▶ [INSTRUCTIONS TO FOLLOW]:
Among the entries below, find the lines holding "then" and copy them.

▶ [Stored data]:
● ● ●

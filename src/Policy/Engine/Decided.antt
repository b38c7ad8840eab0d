-- ===== src/Policy/Engine/Decided.antt =====
-- Whatever happens, `Evaluate` returns a decision that is valid.
use kordn.Base.{
  [], ◌∷◌, List, Bool, true, false, Option, none, some, ◌≡◌, refl, arith, if◌then◌else◌, bytes_eq,
  Option-cases, inl, inr,
}
use kordn.AwsError.Reason.{
  text, all_reason_codes, reason_in, reason_valid, mapping_low_confidence, resource_unresolved,
  dependent_permission_unresolved,
}
use kordn.AwsRequest.Mapping.{IamRequirement, MappingResult}
use kordn.AwsRequest.Request.{DecodedAwsRequest}
use kordn.Policy.Rule.{RequestContext}
use kordn.Policy.Decision.{DecisionInput, Decision, result_valid, decision_valid}
use kordn.Policy.Scan.{Context, Scan, scan_requirements}
use kordn.Policy.Engine.{
  Engine, internal_decision, denied, first_unresolved, conclude, evaluate_requirements,
  evaluate_valid, evaluate, start, request_context, snapshot_requirements,
}

conclude-decision_valid : (ctx : Context) (s : Scan) → decision_valid (conclude ctx s) ≡ true
unfolding conclude decision_valid result_valid reason_valid reason_in all_reason_codes text bytes_eq
conclude-decision_valid ctx s = ground arith

internal_decision-valid : decision_valid internal_decision ≡ true
unfolding decision_valid result_valid reason_valid reason_in all_reason_codes text bytes_eq
internal_decision-valid = refl

low_confidence-valid : decision_valid (denied mapping_low_confidence) ≡ true
unfolding decision_valid result_valid reason_valid reason_in all_reason_codes text bytes_eq
low_confidence-valid = refl

unresolved-valid :
    (dependent : Bool)
    → decision_valid
        (denied (if dependent then dependent_permission_unresolved else resource_unresolved))
      ≡ true
unfolding decision_valid result_valid reason_valid reason_in all_reason_codes text bytes_eq
unresolved-valid true = refl
unresolved-valid false = refl

first_unresolved-valid :
    (rs : List IamRequirement) (d : Decision)
    → first_unresolved rs ≡ some d
    → decision_valid d ≡ true
unfolding first_unresolved
first_unresolved-valid [] d h = absurd (ground arith)
first_unresolved-valid (r ∷ rs) d h =
    ground (arith, unresolved-valid r.dependent, first_unresolved-valid rs d)

evaluate_requirements-valid :
    (engine : Engine) (ctx : Context) (request : RequestContext) (rs : List IamRequirement)
    → decision_valid (evaluate_requirements engine ctx request rs) ≡ true
unfolding evaluate_requirements
evaluate_requirements-valid engine ctx request rs = elim (Option-cases (first_unresolved rs)) [
  | inr (d, e) ↦ rw (e, evaluate_requirements) (first_unresolved-valid rs d e)
  | inl e ↦ elim (Option-cases (scan_requirements ctx request engine.rules rs start)) [
    | inl e₁ ↦ rw (e, e₁, evaluate_requirements) internal_decision-valid
    | inr (s, e₁) ↦ rw (e, e₁, evaluate_requirements) (conclude-decision_valid ctx s)
  ]
]

evaluate_valid-valid :
    (engine : Engine) (ctx : Context) (input : DecisionInput) (request : Option DecodedAwsRequest)
    (mapping : Option MappingResult)
    → decision_valid (evaluate_valid engine ctx input request mapping) ≡ true
unfolding evaluate_valid
evaluate_valid-valid engine ctx input none mapping = internal_decision-valid
evaluate_valid-valid engine ctx input (some request) none = internal_decision-valid
evaluate_valid-valid engine ctx input (some request) (some mapping) = ground (
  arith,
  internal_decision-valid,
  low_confidence-valid,
  evaluate_requirements-valid engine ctx (request_context request)
      (snapshot_requirements mapping.requirements),
)

-- Every decision is valid: its result and its reason are known, and it permits exactly when its reason
-- is that all requirements are allowed.
pub evaluate-decision_valid :
    (engine : Option Engine) (ctx : Option Context) (input : DecisionInput)
    → decision_valid (evaluate engine ctx input) ≡ true
unfolding evaluate
evaluate-decision_valid none ctx input = internal_decision-valid
evaluate-decision_valid (some engine) none input = internal_decision-valid
evaluate-decision_valid (some engine) (some ctx) input = ground (
  arith,
  internal_decision-valid,
  evaluate_valid-valid engine ctx input input.request input.mapping,
)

● ● ●

▶ [ANSWER TO THIS EXERCISE]:
  [], ◌∷◌, List, Bool, true, false, Option, none, some, ◌≡◌, refl, arith, if◌then◌else◌, bytes_eq,
        (denied (if dependent then dependent_permission_unresolved else resource_unresolved))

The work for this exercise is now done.